» **Action item**
For the listing underneath, give the count of lines containing the string "readings" and nothing further.
(Provided information begins)
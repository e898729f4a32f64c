-- ===== src/EthTx/Send/Frame.antt =====
-- The frame that src/eth_tx.rs puts on the line for a body.
use pico_10base_t_rs.Prelude.{
  ℕ, zero, suc, ◌+◌, ◌-◌, ◌^◌, ◌≤◌, ◌<◌, max, ◌≡◌, refl, ap, sym, ◌∙◌, Bool, true, List, [], ◌∷◌,
  ◌++◌, arith, length, map, take, replicate, length-append, length-replicate, take-append,
  get_or-append_right, byte, AreBytes, all_bytes-AreBytes, append-AreBytes, Bool-cases, inl, inr,
  not, ◌==◌,
}
use mathlib.Core.List.{map-append, append_assoc, append-nil}
use pico_10base_t_rs.Crc.{crc32_ieee802_3}
use pico_10base_t_rs.Crc.Bounds.{crc32_ieee802_3_bounds}
use pico_10base_t_rs.Crc.Laws.{crc32_ieee802_3_padded-replicate}
use pico_10base_t_rs.EthRx.Frames.{rd32_le, verify_fcs}
use pico_10base_t_rs.EthRx.Frames.Length.{verify_fcs_iff}
use pico_10base_t_rs.Manchester.Code.{decode, manchester_table-decode}
use pico_10base_t_rs.EthTx.{EthTx, write_words, back_off, csma_loop, csma_acquire}
use pico_10base_t_rs.EthTx.Send.{
  le32, tp_idl, ifg, encode, pad_len, frame_crc, frame_words, send_raw_frame,
}

-- The body with its padding.
abbrev pub padded : List ℕ → List ℕ
padded body = body ++ replicate (pad_len body) 0

-- The frame with its FCS.
abbrev pub frame_of : List ℕ → List ℕ
frame_of body = padded body ++ le32 (crc32_ieee802_3 (padded body))

abbrev pub preamble : List ℕ
preamble = replicate 7 0x55 ++ (0xD5 ∷ [])

-- Encoding and decoding.
pub decode-encode : (bytes : List ℕ) → AreBytes bytes → map (decode 8) (encode bytes) ≡ bytes
decode-encode [] h = refl
decode-encode (b ∷ bytes) h =
    ap (λ x. x ∷ map (decode 8) (encode bytes)) ((manchester_table-decode b (h 0)).1)
    ∙ ap (λ l. b ∷ l) (decode-encode bytes (λ i. h (suc i)))

pub le32-AreBytes : (v : ℕ) → AreBytes (le32 v)
le32-AreBytes v zero = omega arith
le32-AreBytes v (suc zero) = omega arith
le32-AreBytes v (suc (suc zero)) = omega arith
le32-AreBytes v (suc (suc (suc zero))) = omega arith
le32-AreBytes v (suc (suc (suc (suc i)))) = omega arith

zeros-AreBytes : (n : ℕ) → AreBytes (replicate n 0)
zeros-AreBytes zero i = omega arith
zeros-AreBytes (suc n) zero = omega arith
zeros-AreBytes (suc n) (suc i) = zeros-AreBytes n i

-- The CRC of the padded body.
frame_crc-padded : (body : List ℕ) → frame_crc body ≡ crc32_ieee802_3 (padded body)
unfolding frame_crc
frame_crc-padded body = elim (Bool-cases (pad_len body == 0)) [
  | inl full ↦
      let none_due : pad_len body ≡ 0 = ground arith in
      rw (frame_crc, full, none_due) (ap crc32_ieee802_3 (sym (append-nil body)))
  | inr short ↦ rw (frame_crc, short) (crc32_ieee802_3_padded-replicate body (pad_len body))
]

length-frame_of : (body : List ℕ) → length (frame_of body) ≡ max (length body) 60 + 4
unfolding pad_len
length-frame_of body = omega (
  arith,
  length-append (padded body) (le32 (crc32_ieee802_3 (padded body))),
  length-append body (replicate (pad_len body) 0),
  length-replicate {A = ℕ} (pad_len body) 0,
)

rd32_le-le32 : (xs : List ℕ) (v : ℕ) → v < 2 ^ 32 → rd32_le (xs ++ le32 v) (length xs) ≡ v
rd32_le-le32 xs v h =
    let from : length xs + 0 ≡ length xs = omega arith in
    omega (
      arith,
      ap (byte (xs ++ le32 v)) from,
      get_or-append_right xs (le32 v) 0 0,
      get_or-append_right xs (le32 v) 1 0,
      get_or-append_right xs (le32 v) 2 0,
      get_or-append_right xs (le32 v) 3 0,
    )

padded-AreBytes : (body : List ℕ) → AreBytes body → AreBytes (padded body)
padded-AreBytes body hb =
    append-AreBytes body (replicate (pad_len body) 0) hb (zeros-AreBytes (pad_len body))

-- The receiver's test holds of bytes with their CRC behind them.
pub le32-verify_fcs :
    (bytes : List ℕ)
    → AreBytes bytes
    → 14 ≤ length bytes
    → verify_fcs
        (bytes ++ le32 (crc32_ieee802_3 bytes))
        (length (bytes ++ le32 (crc32_ieee802_3 bytes)))
      ≡ true
le32-verify_fcs bytes hb long =
    let crc = crc32_ieee802_3 bytes in
    let frame = bytes ++ le32 crc in
    let total = length-append bytes (le32 crc) in
    let n : length frame - 4 ≡ length bytes = omega (arith, total) in
    (verify_fcs_iff frame (length frame)).1 (
      omega (arith, total),
      omega arith,
      ap crc32_ieee802_3 (ap (λ k. take k frame) n ∙ take-append bytes (le32 crc))
          ∙ sym (rd32_le-le32 bytes crc (crc32_ieee802_3_bounds bytes hb))
          ∙ ap (rd32_le frame) (sym n),
    )

frame_of-verify_fcs :
    (body : List ℕ) → AreBytes body → verify_fcs (frame_of body) (length (frame_of body)) ≡ true
unfolding pad_len
frame_of-verify_fcs body hb = le32-verify_fcs (padded body) (padded-AreBytes body hb) (
    omega (
      arith,
      length-append body (replicate (pad_len body) 0),
      length-replicate {A = ℕ} (pad_len body) 0,
    ))

csma_loop-line :
    (carrier : ℕ → Bool) (left : ℕ) (s : EthTx) → (csma_loop carrier left s).line ≡ s.line
unfolding csma_loop back_off
csma_loop-line carrier zero s = refl
csma_loop-line carrier (suc left) s =
    let s' : EthTx = back_off carrier s in
    let sensed : EthTx = record s' { readings = s'.readings + 1 } in
    elim (Bool-cases (not (carrier s'.readings))) [
      | inl idle ↦ rw idle
      | inr taken ↦ rw taken (csma_loop-line carrier left sensed)
    ]

-- The code words of a frame, with what is in front of it.
abbrev code_words : List ℕ → List ℕ
code_words body =
    encode (replicate 7 0x55)
    ++ encode (0xD5 ∷ [])
    ++ encode body
    ++ encode (replicate (pad_len body) 0)
    ++ encode (le32 (frame_crc body))

code_and_more :
    (words bytes more : List ℕ)
    → map (decode 8) words ≡ bytes
    → AreBytes more
    → map (decode 8) (words ++ encode more) ≡ bytes ++ more
code_and_more words bytes more h hb =
    map-append (decode 8) words (encode more)
    ∙ ap (λ l. l ++ map (decode 8) (encode more)) h
    ∙ ap (λ l. bytes ++ l) (decode-encode more hb)

code_words-decode :
    (body : List ℕ) → AreBytes body → map (decode 8) (code_words body) ≡ preamble ++ frame_of body
code_words-decode body hb =
    let crc = crc32_ieee802_3 (padded body) in
    let pad = replicate (pad_len body) 0 in
    let start = encode (replicate 7 0x55) ++ encode (0xD5 ∷ []) in
    let with_body =
      code_and_more start preamble body
        (code_and_more (encode (replicate 7 0x55)) (replicate 7 0x55) (0xD5 ∷ [])
          (decode-encode (replicate 7 0x55) (all_bytes-AreBytes (replicate 7 0x55) refl))
          (all_bytes-AreBytes (0xD5 ∷ []) refl))
        hb in
    let with_pad =
      code_and_more (start ++ encode body) (preamble ++ body) pad with_body
        (zeros-AreBytes (pad_len body)) in
    code_and_more (start ++ encode body ++ encode pad) (preamble ++ body ++ pad)
      (le32 (frame_crc body)) with_pad (le32-AreBytes (frame_crc body))
    ∙ ap (λ c. preamble ++ body ++ pad ++ le32 c) (frame_crc-padded body)
    ∙ ap (λ l. l ++ le32 crc) (append_assoc preamble body pad)
    ∙ append_assoc preamble (padded body) (le32 crc)

-- For a body of bytes, the words that `send_raw_frame` adds to the line are Manchester code for the
-- preamble and a frame of at least 64 bytes that starts with the body and that the receiver's FCS test
-- accepts, then the end mark and the gap.
pub send_raw_frame-verify_fcs :
    (full_duplex : Bool) (carrier : ℕ → Bool) (body : List ℕ) (s : EthTx)
    → AreBytes body
    → (words : List ℕ) × ((send_raw_frame full_duplex carrier body s).line
        ≡ s.line ++ (words ++ (tp_idl ∷ []) ++ ifg))
      × (map (decode 8) words ≡ preamble ++ frame_of body)
      × (verify_fcs (frame_of body) (length (frame_of body)) ≡ true)
      × (length (frame_of body) ≡ max (length body) 60 + 4)
      × (take (length body) (frame_of body) ≡ body)
unfolding send_raw_frame write_words frame_words csma_acquire
send_raw_frame-verify_fcs full_duplex carrier body s hb = (
  code_words body,
  elim (Bool-cases full_duplex) [
    | inl fd ↦ rw fd
    | inr hd ↦ rw hd (ap (λ l. l ++ frame_words body) (csma_loop-line carrier 10 s))
  ],
  code_words-decode body hb,
  frame_of-verify_fcs body hb,
  length-frame_of body,
  ap (take (length body))
        (append_assoc body (replicate (pad_len body) 0) (le32 (crc32_ieee802_3 (padded body))))
      ∙ take-append body (replicate (pad_len body) 0 ++ le32 (crc32_ieee802_3 (padded body))),
)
(Provided information ends)
» **Result for this exercise**
2